Comentário editorial
Nesta leitura prática, a decisão é organizada para mostrar o que o STJ efetivamente registrou e quais dados devem ser conferidos antes de transportar o entendimento para uma situação cotidiana. O recorte processual é REsp, julgado por SEXTA TURMA, sob relatoria de SEBASTIÃO REIS JÚNIOR.
Para o cidadão, o ponto essencial é não tratar a ementa como uma regra automática: fatos, pedidos, fase processual e legislação aplicável precisam ser comparados com o caso concreto. Quando o julgamento repercutir em mobilidade, veículos, sanções ou direitos do condutor, essa conexão deve estar expressa no próprio texto oficial.
Pontos centrais da ementa
- O Estado possui o dever-poder de controle e fiscalização ambiental, além do inerente exercício do poder de polícia.
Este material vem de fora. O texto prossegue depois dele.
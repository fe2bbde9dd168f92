-- ===== src/Command/Display.antt =====
-- app/protocol/types.rs: the printed form of a command.
use crab_rs.Prelude.{String, Bool, true, false}
use crab_rs.Prelude.Text.{◌<>◌}
use crab_rs.Command.Dispatch.{
  Command, ping, delete, read_file, list_dir, write_file, http_proxy, tcp_forward, udp_forward,
}

abbrev bool_to_string : Bool → String
bool_to_string true = "true"
bool_to_string false = "false"

-- `impl Display for Command`, from the printed forms of a request's URI and of a target's address
unfoldable pub to_string :
    {HttpRequest TcpForwardParams : Type 0}
    → (HttpRequest → String)
    → (TcpForwardParams → String)
    → Command HttpRequest TcpForwardParams
    → String
to_string uri address ping = "ping"
to_string uri address (delete cmd) = "delete(" <> cmd.path <> ")"
to_string uri address (read_file path) = "read_file(" <> path <> ")"
to_string uri address (write_file cmd) =
    "write_file("
    <> cmd.path
    <> ",mkdir="
    <> bool_to_string cmd.mkdir
    <> ",overwrite="
    <> bool_to_string cmd.overwrite
    <> ")"
to_string uri address (list_dir path) = "dir(" <> path <> ")"
to_string uri address (http_proxy req) = "http_proxy(" <> uri req <> ")"
to_string uri address (tcp_forward req) = "tcp_forward(" <> address req <> ")"
to_string uri address (udp_forward via) = "udp_forward"
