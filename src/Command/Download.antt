-- ===== src/Command/Download.antt =====
-- A file that a node reads for another: the handler of `ReadFile`.
use crab_rs.Prelude.{
  ℕ, ◌≡◌, refl, ap, ◌∙◌, String, true, false, false, some, ◌++◌, length, ok, map_err,
}
use crab_rs.Prelude.Io.{from, attempt}
use crab_rs.Prelude.Bytes.{Bytes}
use crab_rs.Errors.{io}
use crab_rs.Message.{Method, MessageHeader, AckMessage, option_none, success}
use crab_rs.Transport.{Transport, Codec, IsReliable}
use crab_rs.Stream.{frame, write_message, read_ack}
use crab_rs.Command.Files.{FileSystem, Cancellation, Metadata, FileMetadata, into_file_metadata}
use crab_rs.Command.Handlers.{or_cancelled, handle_read_file}
use crab_rs.Command.Remote.{AckEncodes}
use crab_rs.Command.Disk.{IsStore, load, write_message-kept, read_ack-kept}

module _ {W : Type 0} ⦃t : Transport W⦄ ⦃ack : Codec AckMessage⦄ (fs : FileSystem W)
    (cancel : Cancellation W) (file_metadata : Codec FileMetadata) (path : String) where
  handle_read_file-steps :
      (h : MessageHeader) (m : Metadata) (size : ℕ) (w w1 w2 w3 w4 w5 w6 w7 : W)
      → write_message ack h.method h.option success w ≡ (ok tt, w1)
      → fs.metadata path w1 ≡ (ok m, w2)
      → write_message file_metadata h.method h.option (into_file_metadata m) w2 ≡ (ok tt, w3)
      → read_ack w3 ≡ (ok tt, w4)
      → fs.open_file path w4 ≡ (ok tt, w5)
      → write_message ack h.method h.option success w5 ≡ (ok tt, w6)
      → or_cancelled cancel (attempt (from io fs.copy_to_stream)) w6 ≡ (ok (ok size), w7)
      → handle_read_file fs cancel file_metadata path h w ≡ (ok tt, fs.finish w7)
  unfolding handle_read_file
  handle_read_file-steps h m size w w1 w2 w3 w4 w5 w6 w7 e1 e2 e3 e4 e5 e6 e7 =
      rw e1 (rw e2 (rw e3 (rw e4 (rw e5 (rw e6 (rw e7 refl))))))

module _ {W : Type 0} ⦃t : Transport W⦄ ⦃ack : Codec AckMessage⦄ (R : IsReliable t)
    {fs : FileSystem W} (S : IsStore R fs) (cancel : Cancellation W)
    (lasts : (w : W)
      → or_cancelled cancel (attempt (from io fs.copy_to_stream)) w
        ≡ attempt (from io fs.copy_to_stream) w)
    (file_metadata : Codec FileMetadata) (h : MessageHeader) (peer : Method) (ack_payload : Bytes)
    (acks : AckEncodes ack ack_payload) where
  abbrev told : Bytes
  told = frame h.method h.option ack_payload

  -- On a stream that can be written, if the peer's acknowledgement has arrived and there is a file at
  -- the path whose metadata can be encoded, the command succeeds and leaves the disk's files as they
  -- are: what is written is the acknowledgement of success, the metadata with the file's length, the
  -- acknowledgement again, and then the file's bytes.
  pub handle_read_file-sends :
      (path : String) (data_bytes rest : Bytes) (encoded : FileMetadata → Bytes) (s : W)
      → (S.view s).files path ≡ some data_bytes
      → (S.view s).dirs path ≡ false
      → ((m : FileMetadata)
          → m.filesize ≡ length data_bytes
          → file_metadata.encode m ≡ some (encoded m))
      → R.writable s ≡ true
      → R.inbox s ≡ frame peer option_none ack_payload ++ rest
      → (s' : W) × (m : FileMetadata) × (handle_read_file fs cancel file_metadata path h s
          ≡ (ok tt, s'))
        × (m.filesize ≡ length data_bytes)
        × ((S.view s').files ≡ (S.view s).files)
        × (R.outbox s'
            ≡ (((R.outbox s ++ told) ++ frame h.method h.option (encoded m)) ++ told) ++ data_bytes)
  unfolding into_file_metadata
  handle_read_file-sends path data_bytes rest encoded s there no_dir enc x arrived =
      let (w1, e1, v1, i1, o1, x1) =
        write_message-kept R S ack h.method h.option success ack_payload s acks.round.0 x in
      let (m, e2, size) =
        S.metadata_file path data_bytes w1 (ap (λ d. d.files path) v1 ∙ there)
          (ap (λ d. d.dirs path) v1 ∙ no_dir) in
      let meta = into_file_metadata m in
      let (w3, e3, v3, i3, o3, x3) =
        write_message-kept R S file_metadata h.method h.option meta (encoded meta) w1
          (enc meta size) x1 in
      let (w4, e4, v4, i4, o4, x4) =
        read_ack-kept R S peer ack_payload rest w3 acks (i3 ∙ i1 ∙ arrived) in
      let same : S.view w4 ≡ S.view s = v4 ∙ v3 ∙ v1 in
      let (w5, e5, v5, (i5, o5, x5)) =
        S.open_file_ok path data_bytes w4 (ap (λ d. d.files path) same ∙ there) in
      let (w6, e6, v6, i6, o6, x6) =
        write_message-kept R S ack h.method h.option success ack_payload w5 acks.round.0
          (x5 ∙ x4 ∙ x3) in
      let (w7, e7, v7, o7) = S.copy_to_stream_ok w6 x6 in
      let (v8, o8) = S.finish_ok w7 in
      let loaded : S.view w6 ≡ load data_bytes (S.view s) = v6 ∙ v5 ∙ ap (load data_bytes) same in
      (
        fs.finish w7,
        meta,
        handle_read_file-steps fs cancel file_metadata path h m (length (S.view w6).opened) s w1 w1
            w3 w4 w5 w6 w7 e1 e2 e3 e4 e5 e6 (lasts w6 ∙ ap (λ p. (ok (map_err io p.0), p.1)) e7),
        size,
        ap (λ d. d.files) (v8 ∙ v7 ∙ loaded),
        o8
            ∙ o7
            ∙ ap (λ d. R.outbox w6 ++ d.opened) loaded
            ∙ ap (λ b. b ++ data_bytes)
                (o6
                  ∙ ap (λ b. b ++ told)
                      (o5 ∙ o4 ∙ o3 ∙ ap (λ b. b ++ frame h.method h.option (encoded meta)) o1)),
      )
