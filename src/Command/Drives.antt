-- ===== src/Command/Drives.antt =====
-- commands.rs: the listing of a directory on Windows, where the root has the drives.
use Prim.Native.Nat.{bit_and}
use crab_rs.Prelude.{
  ℕ, suc, ◌^◌, String, Bool, false, ◌||◌, not, List, [], ◌∷◌, ok, ◌==◌, str_eq, if◌then◌else◌,
}
use crab_rs.Prelude.Text.{◌<>◌}
use crab_rs.Prelude.Io.{Io}
use crab_rs.Errors.{CrabError}
use crab_rs.Command.Files.{FileSystem, DirEntry, list_dir}

-- `(b'A' + i) as char` for the `i` below 26
abbrev pub drive_letters : List String
drive_letters =
    "A" ∷ "B" ∷ "C" ∷ "D" ∷ "E" ∷ "F" ∷ "G" ∷ "H" ∷ "I" ∷ "J" ∷ "K" ∷ "L" ∷ "M" ∷ "N" ∷ "O" ∷ "P"
    ∷ "Q" ∷ "R" ∷ "S" ∷ "T" ∷ "U" ∷ "V" ∷ "W" ∷ "X" ∷ "Y" ∷ "Z" ∷ []

abbrev pub drive : String → DirEntry
drive letter = record { name = letter <> ":\\"; dir = false }

-- Whether the bit `i` of the mask is set.
unfoldable pub has_drive : ℕ → ℕ → Bool
has_drive mask i = not (bit_and mask (2 ^ i) == 0)

unfoldable pub drives_from : ℕ → ℕ → List String → List DirEntry
unfolding has_drive
drives_from mask i [] = []
drives_from mask i (letter ∷ letters) =
    let rest = drives_from mask (suc i) letters in
    if has_drive mask i then drive letter ∷ rest else rest

-- `DirCommand::list_drives`, from what `GetLogicalDrives` gives
unfoldable pub list_drives : ℕ → List DirEntry
unfolding drives_from
list_drives mask = drives_from mask 0 drive_letters

-- `DirCommand::list_dir` on Windows
unfoldable pub list_dir_windows :
    {W : Type 0} → (W → ℕ × W) → FileSystem W → String → Io CrabError W (List DirEntry)
unfolding list_drives
list_dir_windows get_logical_drives fs path w =
    if str_eq path "" || str_eq path "/"
    then (let (mask, w') = get_logical_drives w in (ok (list_drives mask), w'))
    else list_dir fs path w
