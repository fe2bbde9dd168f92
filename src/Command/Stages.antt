-- ===== src/Command/Stages.antt =====
-- A task of two stages on a stream where the other node's answers have arrived.
use crab_rs.Prelude.{◌≡◌, ◌≤◌, refl, subst, ap, ◌∙◌, true, [], ◌∷◌, ◌++◌, length, Result, ok}
use crab_rs.Prelude.Bytes.{Bytes}
use crab_rs.Errors.{CrabError}
use crab_rs.Message.{Method, MessageHeader, AckMessage, command, option_none}
use crab_rs.Transport.{Transport, Codec, RoundTrips, IsReliable}
use crab_rs.Stream.{max_payload_size, frame, read_message, read_ack, write_message}
use crab_rs.Stream.RoundTrip.{header_for}
use crab_rs.Stream.Arrived.{read_message-arrived, read_ack-arrived}
use crab_rs.Stream.Keeps.{KeptByStream, write_message-Keeps, read_message-Keeps, read_ack-Keeps}
use crab_rs.Tasks.{
  Sender, Receiver, Executor, send_or, read_initial, run_executor, multi_stage_task,
}
use crab_rs.Tasks.Reports.{Reported}
use crab_rs.Command.Remote.{AckEncodes}
use crab_rs.Command.Disk.{SameStream}

module _ {W I T : Type 0} ⦃t : Transport W⦄ (R : IsReliable t) {tx : Sender W (Result CrabError I)}
    (r : Reported t tx) (rx : Receiver W (Result CrabError (Executor W T)))
    (executor : Executor W T) (P : W → Type 0) where
  -- A caller that is there to take the first answer, and then sends its executor. Neither touches
  -- the stream or what `P` says.
  pub record IsCaller : Type 0 where
    pub takes :
        (v : Result CrabError I) (w : W)
        → (w' : W) × (tx v w ≡ (true, w')) × SameStream R w w' × (P w → P w')
    pub sends :
        (w : W)
        → (w' : W) × (rx w ≡ (ok (ok executor), w'))
          × SameStream R w w'
          × (r.reported w' ≡ r.reported w)
          × (P w → P w')

module _ {W C I T : Type 0} ⦃t : Transport W⦄ ⦃ack : Codec AckMessage⦄ (c : Codec C) (cmd : C)
    (i : Codec I) (tx : Sender W (Result CrabError I))
    (rx : Receiver W (Result CrabError (Executor W T))) (executor : Executor W T) where
  multi_stage_task-steps :
      (x : MessageHeader × I) (w w1 w2 w3 w4 w5 : W)
      → write_message c command option_none cmd w ≡ (ok tt, w1)
      → read_ack w1 ≡ (ok tt, w2)
      → read_message i w2 ≡ (ok x, w3)
      → tx (ok x.1) w3 ≡ (true, w4)
      → rx w4 ≡ (ok (ok executor), w5)
      → multi_stage_task c cmd i tx rx w ≡ run_executor (ok executor) w5
  unfolding multi_stage_task read_initial send_or
  multi_stage_task-steps x w w1 w2 w3 w4 w5 e1 e2 e3 e4 e5 =
      rw e1 (rw e2 (rw e3 (rw e4 (rw e5 refl))))

  -- If both answers of the other node have arrived after the command was written, and the caller is
  -- there, the caller is told the second one, and what is left is the executor's stage, on a stream
  -- where what follows the answers has arrived.
  pub multi_stage_task-runs :
      (R : IsReliable t) (r : Reported t tx) {P : W → Type 0} (caller : IsCaller R r rx executor P)
      (kept_P : KeptByStream t P) (method : Method) (ack_payload payload rest : Bytes) (m : I)
      (w w1 : W)
      → P w
      → AckEncodes ack ack_payload
      → RoundTrips i m payload
      → length payload ≤ max_payload_size
      → write_message c command option_none cmd w ≡ (ok tt, w1)
      → R.inbox w1
        ≡ frame method option_none ack_payload ++ (frame method option_none payload ++ rest)
      → (u : W) × (multi_stage_task c cmd i tx rx w ≡ run_executor (ok executor) u)
        × (R.inbox u ≡ rest)
        × (R.outbox u ≡ R.outbox w1)
        × (R.writable u ≡ R.writable w1)
        × (r.reported u ≡ r.reported w ++ ok m ∷ [])
        × P u
  multi_stage_task-runs R r {P} caller kept_P method ack_payload payload rest m w w1 holds acks rt
        fits e1 arrived =
      let kept = r.by_stream (r.reported w) in
      let k1 : r.reported w1 ≡ r.reported w =
        subst (λ p. r.reported p.1 ≡ r.reported w) e1
          ((write_message-Keeps kept c command option_none cmd).at w refl) in
      let p1 : P w1 =
        subst (λ p. P p.1) e1 ((write_message-Keeps kept_P c command option_none cmd).at w holds) in
      let (w2, e2, i2, o2, x2) =
        read_ack-arrived R method ack_payload (frame method option_none payload ++ rest) w1
          acks.round acks.fits arrived in
      let k2 : r.reported w2 ≡ r.reported w =
        subst (λ p. r.reported p.1 ≡ r.reported w) e2 ((read_ack-Keeps kept).at w1 k1) in
      let p2 : P w2 = subst (λ p. P p.1) e2 ((read_ack-Keeps kept_P).at w1 p1) in
      let (w3, e3, i3, o3, x3) = read_message-arrived R i method payload rest w2 rt fits i2 in
      let k3 : r.reported w3 ≡ r.reported w =
        subst (λ p. r.reported p.1 ≡ r.reported w) e3 ((read_message-Keeps kept i).at w2 k2) in
      let p3 : P w3 = subst (λ p. P p.1) e3 ((read_message-Keeps kept_P i).at w2 p2) in
      let (w4, e4, (i4, o4, x4), p4) = caller.takes (ok m) w3 in
      let k4 : r.reported w4 ≡ r.reported w ++ ok m ∷ [] =
        subst (λ p. r.reported p.1 ≡ r.reported w ++ ok m ∷ []) e4
          (r.by_send (ok m) w3 ∙ ap (λ l. l ++ ok m ∷ []) k3) in
      let (w5, e5, (i5, o5, x5), k5, p5) = caller.sends w4 in
      (
        w5,
        multi_stage_task-steps (header_for method option_none payload, m) w w1 w2 w3 w4 w5 e1 e2 e3
            e4 e5,
        i5 ∙ i4 ∙ i3,
        o5 ∙ o4 ∙ o3 ∙ o2,
        x5 ∙ x4 ∙ x3 ∙ x2,
        k5 ∙ k4,
        p5 (p4 p3),
      )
- Assim, é possível o ingresso em área privada, não enquadrada no conceito de domicílio, sem autorização judicial prévia, para realização de fiscalização e estudo técnico para verificar ocorrência de crime ambiental.
- O indeferimento de pedido de realização de exame pericial, quando devidamente motivado, não configura cerceamento de defesa, por ser a discricionariedade o critério norteador do juízo de necessidade.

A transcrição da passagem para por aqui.